**What you need to do**: Give again, word for word, every line in the entries below from the line with "buf) nothing in" up to and including the line with "let len2 : m", and no other line.

Dataset entries
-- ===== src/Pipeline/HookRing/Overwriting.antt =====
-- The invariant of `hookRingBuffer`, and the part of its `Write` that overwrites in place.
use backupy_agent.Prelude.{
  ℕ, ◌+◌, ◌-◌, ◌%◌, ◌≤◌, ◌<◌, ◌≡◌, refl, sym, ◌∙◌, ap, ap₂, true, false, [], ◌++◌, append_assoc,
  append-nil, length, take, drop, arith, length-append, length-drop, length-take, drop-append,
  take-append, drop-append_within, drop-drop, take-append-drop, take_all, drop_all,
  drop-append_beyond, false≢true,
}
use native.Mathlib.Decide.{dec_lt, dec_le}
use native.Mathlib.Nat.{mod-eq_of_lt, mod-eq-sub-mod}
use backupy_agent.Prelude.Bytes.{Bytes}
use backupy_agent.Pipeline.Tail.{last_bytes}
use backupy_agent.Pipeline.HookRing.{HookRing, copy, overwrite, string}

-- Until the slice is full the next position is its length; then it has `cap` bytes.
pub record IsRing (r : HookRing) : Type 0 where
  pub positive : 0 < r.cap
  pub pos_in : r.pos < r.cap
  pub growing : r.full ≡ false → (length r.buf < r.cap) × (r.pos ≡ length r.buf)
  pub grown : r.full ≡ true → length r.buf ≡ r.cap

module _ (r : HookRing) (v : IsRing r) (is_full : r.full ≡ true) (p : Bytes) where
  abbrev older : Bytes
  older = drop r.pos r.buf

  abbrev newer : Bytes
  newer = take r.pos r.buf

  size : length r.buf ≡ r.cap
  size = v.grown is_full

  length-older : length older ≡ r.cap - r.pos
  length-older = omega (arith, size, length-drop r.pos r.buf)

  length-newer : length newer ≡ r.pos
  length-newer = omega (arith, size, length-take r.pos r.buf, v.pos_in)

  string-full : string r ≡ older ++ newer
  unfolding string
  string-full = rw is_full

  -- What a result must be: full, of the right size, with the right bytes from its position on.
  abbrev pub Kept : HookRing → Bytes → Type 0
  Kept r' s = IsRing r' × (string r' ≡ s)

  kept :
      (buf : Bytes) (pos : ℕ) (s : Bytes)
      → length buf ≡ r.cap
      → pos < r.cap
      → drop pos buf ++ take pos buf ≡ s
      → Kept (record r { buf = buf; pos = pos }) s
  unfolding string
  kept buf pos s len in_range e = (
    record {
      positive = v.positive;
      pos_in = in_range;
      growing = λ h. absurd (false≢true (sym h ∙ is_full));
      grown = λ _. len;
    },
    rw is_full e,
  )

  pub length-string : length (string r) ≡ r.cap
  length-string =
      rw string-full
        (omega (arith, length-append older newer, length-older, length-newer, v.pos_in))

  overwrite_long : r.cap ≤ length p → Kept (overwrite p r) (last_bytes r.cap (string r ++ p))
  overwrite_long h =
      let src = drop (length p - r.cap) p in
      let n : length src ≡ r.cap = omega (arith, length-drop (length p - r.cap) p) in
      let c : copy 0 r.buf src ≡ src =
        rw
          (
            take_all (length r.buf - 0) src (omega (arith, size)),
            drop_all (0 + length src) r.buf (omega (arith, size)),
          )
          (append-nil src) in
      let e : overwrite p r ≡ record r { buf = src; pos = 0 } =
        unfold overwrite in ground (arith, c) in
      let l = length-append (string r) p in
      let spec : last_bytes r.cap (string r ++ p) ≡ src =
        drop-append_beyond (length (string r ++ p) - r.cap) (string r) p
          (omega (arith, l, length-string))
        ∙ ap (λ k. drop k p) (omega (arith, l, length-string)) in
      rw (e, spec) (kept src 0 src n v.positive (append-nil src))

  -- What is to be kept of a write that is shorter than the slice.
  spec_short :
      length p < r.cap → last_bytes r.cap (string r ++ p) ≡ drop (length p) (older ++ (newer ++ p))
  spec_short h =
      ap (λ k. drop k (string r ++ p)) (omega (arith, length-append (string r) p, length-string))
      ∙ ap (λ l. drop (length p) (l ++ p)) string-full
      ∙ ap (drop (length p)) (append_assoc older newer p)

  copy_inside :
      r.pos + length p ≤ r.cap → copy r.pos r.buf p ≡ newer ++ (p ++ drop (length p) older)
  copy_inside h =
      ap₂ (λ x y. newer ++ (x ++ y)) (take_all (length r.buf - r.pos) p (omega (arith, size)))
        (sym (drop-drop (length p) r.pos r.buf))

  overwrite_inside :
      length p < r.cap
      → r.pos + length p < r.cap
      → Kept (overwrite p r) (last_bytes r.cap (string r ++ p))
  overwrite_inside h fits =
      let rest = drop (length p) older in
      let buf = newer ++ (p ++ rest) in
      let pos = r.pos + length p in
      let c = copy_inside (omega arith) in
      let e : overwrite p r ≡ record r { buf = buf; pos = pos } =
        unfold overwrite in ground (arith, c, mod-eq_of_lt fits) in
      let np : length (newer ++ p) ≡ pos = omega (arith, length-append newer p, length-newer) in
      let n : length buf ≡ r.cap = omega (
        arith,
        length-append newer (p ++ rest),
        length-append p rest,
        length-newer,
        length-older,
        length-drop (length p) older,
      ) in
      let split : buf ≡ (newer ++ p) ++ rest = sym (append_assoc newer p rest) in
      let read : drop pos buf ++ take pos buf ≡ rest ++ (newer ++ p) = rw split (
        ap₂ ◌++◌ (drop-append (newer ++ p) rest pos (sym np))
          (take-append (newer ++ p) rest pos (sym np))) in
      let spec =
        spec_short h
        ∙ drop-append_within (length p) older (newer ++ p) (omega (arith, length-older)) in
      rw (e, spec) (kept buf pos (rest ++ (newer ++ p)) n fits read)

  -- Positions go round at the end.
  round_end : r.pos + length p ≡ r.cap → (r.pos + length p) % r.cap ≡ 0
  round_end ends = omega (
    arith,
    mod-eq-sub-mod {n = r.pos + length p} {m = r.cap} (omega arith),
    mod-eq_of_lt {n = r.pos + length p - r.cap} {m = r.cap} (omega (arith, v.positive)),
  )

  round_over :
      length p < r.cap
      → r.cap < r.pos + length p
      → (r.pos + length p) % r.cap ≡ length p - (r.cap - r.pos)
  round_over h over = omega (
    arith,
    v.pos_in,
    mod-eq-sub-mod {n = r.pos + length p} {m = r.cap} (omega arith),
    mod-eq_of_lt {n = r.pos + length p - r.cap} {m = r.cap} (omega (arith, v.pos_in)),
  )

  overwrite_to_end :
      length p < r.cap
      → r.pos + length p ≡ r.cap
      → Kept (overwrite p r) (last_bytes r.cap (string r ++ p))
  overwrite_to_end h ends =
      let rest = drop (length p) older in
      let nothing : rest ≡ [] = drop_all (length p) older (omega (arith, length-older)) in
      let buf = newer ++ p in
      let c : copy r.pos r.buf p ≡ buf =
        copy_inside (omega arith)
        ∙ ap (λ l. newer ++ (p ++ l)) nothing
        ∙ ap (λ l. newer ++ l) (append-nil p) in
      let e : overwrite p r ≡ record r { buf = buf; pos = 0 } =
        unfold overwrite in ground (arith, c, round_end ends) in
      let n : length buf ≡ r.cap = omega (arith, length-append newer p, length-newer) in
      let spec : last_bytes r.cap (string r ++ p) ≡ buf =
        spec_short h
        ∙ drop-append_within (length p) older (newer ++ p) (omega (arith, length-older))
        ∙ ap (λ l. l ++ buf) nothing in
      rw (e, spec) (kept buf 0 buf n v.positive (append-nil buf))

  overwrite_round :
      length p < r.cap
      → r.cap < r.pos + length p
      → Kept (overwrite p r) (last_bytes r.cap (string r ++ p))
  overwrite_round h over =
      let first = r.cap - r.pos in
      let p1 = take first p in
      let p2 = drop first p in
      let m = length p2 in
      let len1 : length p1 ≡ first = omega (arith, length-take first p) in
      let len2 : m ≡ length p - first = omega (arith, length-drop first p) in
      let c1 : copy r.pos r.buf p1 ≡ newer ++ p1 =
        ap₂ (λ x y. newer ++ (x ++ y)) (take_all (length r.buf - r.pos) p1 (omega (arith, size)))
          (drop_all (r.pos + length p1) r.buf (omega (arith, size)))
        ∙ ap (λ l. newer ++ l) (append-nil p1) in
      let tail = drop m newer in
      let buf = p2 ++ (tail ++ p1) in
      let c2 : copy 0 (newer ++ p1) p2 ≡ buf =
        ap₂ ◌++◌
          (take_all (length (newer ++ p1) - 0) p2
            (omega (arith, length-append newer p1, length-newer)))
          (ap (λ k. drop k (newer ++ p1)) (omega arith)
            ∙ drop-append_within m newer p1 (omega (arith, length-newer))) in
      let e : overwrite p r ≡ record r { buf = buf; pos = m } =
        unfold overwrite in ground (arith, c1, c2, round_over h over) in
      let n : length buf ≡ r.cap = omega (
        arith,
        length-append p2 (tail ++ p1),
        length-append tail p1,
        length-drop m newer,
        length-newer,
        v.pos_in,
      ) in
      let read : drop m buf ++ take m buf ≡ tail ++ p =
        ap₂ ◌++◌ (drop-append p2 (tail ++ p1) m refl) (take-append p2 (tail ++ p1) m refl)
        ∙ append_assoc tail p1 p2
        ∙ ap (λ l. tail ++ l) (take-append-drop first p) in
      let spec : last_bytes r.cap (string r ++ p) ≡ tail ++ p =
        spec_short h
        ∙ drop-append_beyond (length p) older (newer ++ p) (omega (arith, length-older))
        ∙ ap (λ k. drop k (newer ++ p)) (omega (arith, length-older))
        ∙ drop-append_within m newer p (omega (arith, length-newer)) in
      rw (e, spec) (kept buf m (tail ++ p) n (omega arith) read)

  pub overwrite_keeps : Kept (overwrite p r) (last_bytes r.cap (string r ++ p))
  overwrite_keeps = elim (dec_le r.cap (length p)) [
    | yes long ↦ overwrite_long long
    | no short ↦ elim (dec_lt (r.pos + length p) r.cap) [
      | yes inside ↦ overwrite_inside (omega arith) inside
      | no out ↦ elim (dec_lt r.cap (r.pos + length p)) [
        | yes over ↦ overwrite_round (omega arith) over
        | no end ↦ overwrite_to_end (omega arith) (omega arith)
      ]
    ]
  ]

* * *

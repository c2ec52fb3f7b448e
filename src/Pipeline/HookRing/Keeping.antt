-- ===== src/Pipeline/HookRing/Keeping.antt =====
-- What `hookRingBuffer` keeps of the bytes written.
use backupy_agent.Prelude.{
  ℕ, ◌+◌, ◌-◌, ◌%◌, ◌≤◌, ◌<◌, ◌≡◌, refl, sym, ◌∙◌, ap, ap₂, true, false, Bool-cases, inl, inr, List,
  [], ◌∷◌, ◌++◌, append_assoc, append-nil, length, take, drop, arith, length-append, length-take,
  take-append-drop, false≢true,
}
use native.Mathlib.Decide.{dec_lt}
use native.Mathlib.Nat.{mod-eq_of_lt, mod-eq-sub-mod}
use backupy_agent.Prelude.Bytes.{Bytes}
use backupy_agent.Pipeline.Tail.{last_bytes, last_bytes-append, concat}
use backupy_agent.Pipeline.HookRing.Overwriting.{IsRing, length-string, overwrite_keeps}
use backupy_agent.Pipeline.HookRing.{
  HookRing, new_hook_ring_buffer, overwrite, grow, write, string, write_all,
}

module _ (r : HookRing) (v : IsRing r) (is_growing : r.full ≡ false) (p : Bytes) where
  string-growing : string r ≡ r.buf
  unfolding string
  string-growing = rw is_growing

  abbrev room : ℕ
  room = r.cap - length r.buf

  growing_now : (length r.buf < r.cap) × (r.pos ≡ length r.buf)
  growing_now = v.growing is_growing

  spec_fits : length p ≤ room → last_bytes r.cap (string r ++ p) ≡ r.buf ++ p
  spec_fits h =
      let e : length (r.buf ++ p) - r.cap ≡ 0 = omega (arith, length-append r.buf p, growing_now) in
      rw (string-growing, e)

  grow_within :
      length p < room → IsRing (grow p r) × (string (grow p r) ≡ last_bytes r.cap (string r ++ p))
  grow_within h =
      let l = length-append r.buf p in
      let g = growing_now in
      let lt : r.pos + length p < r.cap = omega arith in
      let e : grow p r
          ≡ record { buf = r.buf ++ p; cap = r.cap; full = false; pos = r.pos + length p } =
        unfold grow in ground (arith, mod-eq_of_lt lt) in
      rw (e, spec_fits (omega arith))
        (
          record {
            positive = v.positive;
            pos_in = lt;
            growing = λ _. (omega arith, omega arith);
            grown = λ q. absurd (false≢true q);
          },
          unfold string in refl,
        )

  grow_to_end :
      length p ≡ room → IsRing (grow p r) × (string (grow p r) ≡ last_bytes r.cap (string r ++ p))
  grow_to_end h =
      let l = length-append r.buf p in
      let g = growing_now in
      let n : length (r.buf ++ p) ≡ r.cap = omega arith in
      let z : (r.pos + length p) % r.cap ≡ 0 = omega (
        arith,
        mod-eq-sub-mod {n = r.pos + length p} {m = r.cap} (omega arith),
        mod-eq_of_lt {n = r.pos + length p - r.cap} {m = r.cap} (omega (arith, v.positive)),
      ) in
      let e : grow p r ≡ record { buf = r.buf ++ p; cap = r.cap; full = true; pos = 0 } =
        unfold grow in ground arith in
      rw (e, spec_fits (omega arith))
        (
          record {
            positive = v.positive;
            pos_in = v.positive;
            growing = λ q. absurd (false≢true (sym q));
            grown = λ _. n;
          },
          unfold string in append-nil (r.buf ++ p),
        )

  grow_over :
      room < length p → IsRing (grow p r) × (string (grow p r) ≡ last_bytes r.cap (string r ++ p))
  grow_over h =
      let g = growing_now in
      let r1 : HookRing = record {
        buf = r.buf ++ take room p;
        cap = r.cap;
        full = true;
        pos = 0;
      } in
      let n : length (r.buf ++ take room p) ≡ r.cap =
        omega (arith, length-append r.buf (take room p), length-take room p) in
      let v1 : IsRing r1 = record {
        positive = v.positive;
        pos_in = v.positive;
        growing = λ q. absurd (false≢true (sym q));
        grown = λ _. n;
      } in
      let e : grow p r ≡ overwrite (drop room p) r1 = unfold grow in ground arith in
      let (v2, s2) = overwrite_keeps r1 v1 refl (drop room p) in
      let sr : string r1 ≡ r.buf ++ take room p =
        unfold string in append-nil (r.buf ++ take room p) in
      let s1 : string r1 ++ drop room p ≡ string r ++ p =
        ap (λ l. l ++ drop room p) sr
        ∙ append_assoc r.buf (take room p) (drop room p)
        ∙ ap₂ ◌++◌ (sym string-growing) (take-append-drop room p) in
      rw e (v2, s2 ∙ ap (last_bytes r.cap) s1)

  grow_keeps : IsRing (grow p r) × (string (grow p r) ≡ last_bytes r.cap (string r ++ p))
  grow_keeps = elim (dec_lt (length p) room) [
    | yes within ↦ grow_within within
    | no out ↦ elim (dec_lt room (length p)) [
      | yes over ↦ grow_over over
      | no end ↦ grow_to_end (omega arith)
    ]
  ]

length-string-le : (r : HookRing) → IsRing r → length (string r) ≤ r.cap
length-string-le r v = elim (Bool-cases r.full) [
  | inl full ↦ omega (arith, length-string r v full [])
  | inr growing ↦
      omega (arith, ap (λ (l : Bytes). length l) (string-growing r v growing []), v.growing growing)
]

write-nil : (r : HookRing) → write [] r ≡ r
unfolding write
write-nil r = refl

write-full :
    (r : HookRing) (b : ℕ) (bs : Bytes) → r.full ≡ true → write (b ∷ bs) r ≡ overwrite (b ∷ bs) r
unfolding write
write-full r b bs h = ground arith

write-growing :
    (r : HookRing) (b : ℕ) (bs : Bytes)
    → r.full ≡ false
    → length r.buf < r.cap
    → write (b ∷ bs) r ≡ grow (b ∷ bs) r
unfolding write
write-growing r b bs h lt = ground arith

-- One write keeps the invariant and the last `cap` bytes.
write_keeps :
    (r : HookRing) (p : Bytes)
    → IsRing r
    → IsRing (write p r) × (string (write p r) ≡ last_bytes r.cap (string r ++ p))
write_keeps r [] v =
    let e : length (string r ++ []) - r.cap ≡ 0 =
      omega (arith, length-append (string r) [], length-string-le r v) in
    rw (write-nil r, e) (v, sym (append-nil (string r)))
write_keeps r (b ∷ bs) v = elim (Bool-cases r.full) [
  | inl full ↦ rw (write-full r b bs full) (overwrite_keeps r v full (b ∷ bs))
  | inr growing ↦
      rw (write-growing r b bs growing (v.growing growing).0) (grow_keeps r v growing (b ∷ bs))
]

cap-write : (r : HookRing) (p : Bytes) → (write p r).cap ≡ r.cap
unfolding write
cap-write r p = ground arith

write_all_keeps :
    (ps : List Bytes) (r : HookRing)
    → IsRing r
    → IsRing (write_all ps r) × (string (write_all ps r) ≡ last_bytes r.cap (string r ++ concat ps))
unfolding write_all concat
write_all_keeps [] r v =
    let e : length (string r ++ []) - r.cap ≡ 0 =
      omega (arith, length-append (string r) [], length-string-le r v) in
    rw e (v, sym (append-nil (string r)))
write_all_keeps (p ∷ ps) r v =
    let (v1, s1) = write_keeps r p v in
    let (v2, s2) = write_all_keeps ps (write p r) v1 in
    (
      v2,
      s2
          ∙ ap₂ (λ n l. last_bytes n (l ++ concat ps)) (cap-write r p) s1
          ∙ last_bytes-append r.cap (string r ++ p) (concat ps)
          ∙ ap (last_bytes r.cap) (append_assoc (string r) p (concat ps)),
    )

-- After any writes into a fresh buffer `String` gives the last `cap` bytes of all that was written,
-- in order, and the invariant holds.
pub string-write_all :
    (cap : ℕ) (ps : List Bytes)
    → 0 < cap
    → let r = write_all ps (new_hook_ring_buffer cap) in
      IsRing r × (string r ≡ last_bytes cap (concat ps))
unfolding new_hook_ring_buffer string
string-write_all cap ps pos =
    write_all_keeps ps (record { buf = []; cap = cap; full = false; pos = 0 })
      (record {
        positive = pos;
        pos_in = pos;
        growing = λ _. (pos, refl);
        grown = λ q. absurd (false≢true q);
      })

---

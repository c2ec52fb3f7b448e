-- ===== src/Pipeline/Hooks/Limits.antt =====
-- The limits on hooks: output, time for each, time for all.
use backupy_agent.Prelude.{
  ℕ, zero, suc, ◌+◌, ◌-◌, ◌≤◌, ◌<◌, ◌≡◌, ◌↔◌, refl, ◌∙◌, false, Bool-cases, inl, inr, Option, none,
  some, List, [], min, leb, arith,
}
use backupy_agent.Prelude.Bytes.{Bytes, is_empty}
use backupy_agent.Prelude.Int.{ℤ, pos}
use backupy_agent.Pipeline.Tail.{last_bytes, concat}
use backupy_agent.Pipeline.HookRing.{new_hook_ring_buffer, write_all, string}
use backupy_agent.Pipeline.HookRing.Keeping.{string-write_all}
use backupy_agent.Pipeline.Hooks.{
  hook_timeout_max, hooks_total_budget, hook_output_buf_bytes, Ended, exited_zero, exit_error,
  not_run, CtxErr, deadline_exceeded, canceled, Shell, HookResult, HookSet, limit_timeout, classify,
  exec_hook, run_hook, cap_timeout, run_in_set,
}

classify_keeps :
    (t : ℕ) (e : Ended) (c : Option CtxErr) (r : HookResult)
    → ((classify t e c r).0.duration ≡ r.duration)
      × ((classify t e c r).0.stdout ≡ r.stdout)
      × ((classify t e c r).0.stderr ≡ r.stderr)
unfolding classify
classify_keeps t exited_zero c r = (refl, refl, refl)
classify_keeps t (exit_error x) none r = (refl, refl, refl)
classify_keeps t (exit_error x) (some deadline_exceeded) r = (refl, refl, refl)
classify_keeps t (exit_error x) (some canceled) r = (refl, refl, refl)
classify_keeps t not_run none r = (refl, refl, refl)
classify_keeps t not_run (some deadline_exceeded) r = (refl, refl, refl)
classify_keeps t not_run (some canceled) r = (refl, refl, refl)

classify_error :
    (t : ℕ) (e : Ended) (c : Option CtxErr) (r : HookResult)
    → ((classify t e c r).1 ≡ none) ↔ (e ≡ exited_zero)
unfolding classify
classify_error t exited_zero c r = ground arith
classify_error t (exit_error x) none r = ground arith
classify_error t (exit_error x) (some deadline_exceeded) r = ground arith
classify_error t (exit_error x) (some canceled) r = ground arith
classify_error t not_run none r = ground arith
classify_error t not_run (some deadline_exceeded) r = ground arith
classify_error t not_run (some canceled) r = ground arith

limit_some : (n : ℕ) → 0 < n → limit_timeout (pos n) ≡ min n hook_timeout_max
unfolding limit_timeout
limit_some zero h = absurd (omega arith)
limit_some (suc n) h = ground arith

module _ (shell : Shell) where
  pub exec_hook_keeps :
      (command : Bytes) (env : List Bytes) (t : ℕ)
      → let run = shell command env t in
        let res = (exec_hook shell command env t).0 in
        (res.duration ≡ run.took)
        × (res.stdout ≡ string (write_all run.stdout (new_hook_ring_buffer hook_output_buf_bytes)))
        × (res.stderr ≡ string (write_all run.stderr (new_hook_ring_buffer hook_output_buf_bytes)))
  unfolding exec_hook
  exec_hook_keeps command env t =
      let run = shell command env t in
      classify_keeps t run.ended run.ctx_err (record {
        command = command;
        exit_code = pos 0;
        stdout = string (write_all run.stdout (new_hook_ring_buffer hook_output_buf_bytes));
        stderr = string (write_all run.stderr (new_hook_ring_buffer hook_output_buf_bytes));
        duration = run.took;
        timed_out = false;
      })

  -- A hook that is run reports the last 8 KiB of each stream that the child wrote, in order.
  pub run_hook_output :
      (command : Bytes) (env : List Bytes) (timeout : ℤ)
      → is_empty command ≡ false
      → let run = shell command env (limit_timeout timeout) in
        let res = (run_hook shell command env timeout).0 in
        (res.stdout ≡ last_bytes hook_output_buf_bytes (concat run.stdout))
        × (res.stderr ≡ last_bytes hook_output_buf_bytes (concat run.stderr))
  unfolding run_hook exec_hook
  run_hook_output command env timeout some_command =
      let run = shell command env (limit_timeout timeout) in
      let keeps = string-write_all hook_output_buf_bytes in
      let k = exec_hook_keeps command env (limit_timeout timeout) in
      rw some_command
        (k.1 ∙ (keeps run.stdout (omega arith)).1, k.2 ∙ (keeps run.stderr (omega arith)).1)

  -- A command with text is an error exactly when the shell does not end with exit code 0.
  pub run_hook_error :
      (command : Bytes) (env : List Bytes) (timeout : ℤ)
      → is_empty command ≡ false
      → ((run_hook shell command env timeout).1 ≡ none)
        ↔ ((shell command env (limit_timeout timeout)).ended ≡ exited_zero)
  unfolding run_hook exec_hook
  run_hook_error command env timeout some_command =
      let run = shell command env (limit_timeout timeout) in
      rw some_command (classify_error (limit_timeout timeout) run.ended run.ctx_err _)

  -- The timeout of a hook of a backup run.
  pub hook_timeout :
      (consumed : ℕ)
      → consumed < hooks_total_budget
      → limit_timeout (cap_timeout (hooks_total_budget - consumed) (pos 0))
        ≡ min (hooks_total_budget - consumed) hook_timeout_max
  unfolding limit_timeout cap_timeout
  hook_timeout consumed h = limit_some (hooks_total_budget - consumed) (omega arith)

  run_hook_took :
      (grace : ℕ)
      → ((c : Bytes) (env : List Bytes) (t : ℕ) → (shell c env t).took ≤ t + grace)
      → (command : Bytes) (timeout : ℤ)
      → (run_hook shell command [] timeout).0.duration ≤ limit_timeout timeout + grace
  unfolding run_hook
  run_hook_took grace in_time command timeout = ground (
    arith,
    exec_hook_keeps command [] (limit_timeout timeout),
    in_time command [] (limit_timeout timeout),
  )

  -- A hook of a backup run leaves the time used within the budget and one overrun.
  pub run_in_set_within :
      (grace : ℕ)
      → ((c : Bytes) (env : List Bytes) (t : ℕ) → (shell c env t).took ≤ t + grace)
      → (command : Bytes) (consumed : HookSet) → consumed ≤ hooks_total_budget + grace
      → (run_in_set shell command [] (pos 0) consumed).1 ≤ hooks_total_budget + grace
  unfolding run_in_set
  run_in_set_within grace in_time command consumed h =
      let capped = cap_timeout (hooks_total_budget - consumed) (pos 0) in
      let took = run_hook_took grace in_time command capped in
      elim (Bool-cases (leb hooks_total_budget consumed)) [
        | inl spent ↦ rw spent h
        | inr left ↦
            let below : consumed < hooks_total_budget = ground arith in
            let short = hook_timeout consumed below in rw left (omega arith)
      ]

**Result**:
        ∙ ap (λ l. l ++ buf) nothing in
      rw (e, spec) (kept buf 0 buf n v.positive (append-nil buf))

  overwrite_round :
      length p < r.cap
      → r.cap < r.pos + length p
      → Kept (overwrite p r) (last_bytes r.cap (string r ++ p))
  overwrite_round h over =
      let first = r.cap - r.pos in
      let p1 = take first p in
      let p2 = drop first p in
      let m = length p2 in
      let len1 : length p1 ≡ first = omega (arith, length-take first p) in
      let len2 : m ≡ length p - first = omega (arith, length-drop first p) in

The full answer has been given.